Aliasse werden in einem Skript aber nicht expandiert und werden auch nicht von der aufrufenden Shell exportiert.

Gruß

/edit: Ach ja, und die Syntax für alias in Bash ist "alias name[=value]..."

/edit2: Also ich gehe mal davon aus, das es sich um Bash handelt.


----------



## Dennis Wronka (18. August 2006)

deepthroat hat gesagt.:
			
		

> /edit2: Also ich gehe mal davon aus, das es sich um Bash handelt.


Huch, ganz vertan. Hab's oben korrigiert.


			
				deepthroat hat gesagt.:
			
		

> Aliasse werden in einem Skript aber nicht expandiert und werden auch nicht von der aufrufenden Shell exportiert.


Nicht? Hmm, war mir neu. Hab bisher auch kaum was mit Aliasen gemacht.


----------



## deepthroat (18. August 2006)

Dennis Wronka hat gesagt.:
			
		

> Nicht? Hmm, war mir neu.

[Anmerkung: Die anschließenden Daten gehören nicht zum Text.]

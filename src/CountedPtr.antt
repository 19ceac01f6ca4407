-- ===== src/CountedPtr.antt =====
-- include/librf/src/counted_ptr.h, and the count in include/librf/src/state.h: `counted_ptr` with the
-- `lock` and `unlock` of the state that it points to.
pub mod Count
pub mod Kept
pub mod Freed
mod Tests
use librf.Prelude.{
  ℕ, zero, suc, ◌+◌, ◌-◌, ◌%◌, List, [], ◌∷◌, ◌++◌, if◌then◌else◌, ◌==◌, size_mod, set,
}

-- An address; `null` is `nullptr`.
abbrev pub Ptr : Type 0
Ptr = ℕ

abbrev pub null : Ptr
null = 0

-- The variables of type `counted_ptr` by their number, each with its `_p`; the `_count` of every
-- state, and how often `destroy_deallocate` was called for it.
pub record Heap : Type 0 where
  pub ptrs : List Ptr
  pub count : Ptr → ℕ
  pub freed : Ptr → ℕ

-- `get`, the pointer of a variable.
abbrev pub get : List Ptr → ℕ → Ptr
get [] i = null
get (p ∷ ps) zero = p
get (p ∷ ps) (suc i) = get ps i

abbrev pub store : (Ptr → ℕ) → Ptr → ℕ → Ptr → ℕ
store f p v a = if p == a then v else f a

-- `state_base_t::lock` and `unlock`.
unfoldable pub lock : Heap → Ptr → Heap
lock h p = record h { count = store h.count p ((h.count p + 1) % size_mod) }

unfoldable pub unlock : Heap → Ptr → Heap
unlock h p =
    let h' : Heap = record h { count = store h.count p ((h.count p + size_mod - 1) % size_mod) } in
    if h.count p == 1 then record h' { freed = store h.freed p (suc (h.freed p)) } else h'

-- `_lock` of a variable whose `_p` is given, and `_unlock` after `_p` was reset.
unfoldable pub hold : Heap → Ptr → Heap
unfolding lock
hold h p = if p == null then h else lock h p

unfoldable pub drop : Heap → Ptr → Heap
unfolding unlock
drop h p = if p == null then h else unlock h p

abbrev pub put : Heap → ℕ → Ptr → Heap
put h i p = record h { ptrs = set h.ptrs i p }

-- The constructors make a new variable, the last.
abbrev pub push : Heap → Ptr → Heap
push h p = record h { ptrs = h.ptrs ++ (p ∷ []) }

unfoldable pub construct_null : Heap → Heap
construct_null h = push h null

unfoldable pub construct_raw : Heap → Ptr → Heap
unfolding hold
construct_raw h p = push (hold h p) p

unfoldable pub construct_copy : Heap → ℕ → Heap
unfolding hold
construct_copy h i = push (hold h (get h.ptrs i)) (get h.ptrs i)

unfoldable pub construct_move : Heap → ℕ → Heap
construct_move h i = push (put h i null) (get h.ptrs i)

-- The copy `t` takes the old pointer of `i`, and its destructor gives that up.
unfoldable pub assign_copy : Heap → (i cp : ℕ) → Heap
unfolding hold drop
assign_copy h i cp =
    if cp == i then h else drop (put (hold h (get h.ptrs cp)) i (get h.ptrs cp)) (get h.ptrs i)

unfoldable pub swap : Heap → (i cp : ℕ) → Heap
swap h i cp = put (put h i (get h.ptrs cp)) cp (get h.ptrs i)

-- `_unlock`, which is also `reset` and the destructor.
unfoldable pub reset : Heap → ℕ → Heap
unfolding drop
reset h i = drop (put h i null) (get h.ptrs i)

unfoldable pub assign_move : Heap → (i cp : ℕ) → Heap
unfolding swap reset
assign_move h i cp = if cp == i then h else reset (swap h i cp) cp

Hab bisher auch kaum was mit Aliasen gemacht.


Eigentlich ist es so, das man das mit der Option "expand_aliases" steuern kann - die ist aber bei nicht-interaktiven Shells ausgeschaltet - und macht auch nicht viel Sinn, dadurch das der Alias nicht exportiert werden kann.

Gruß


----------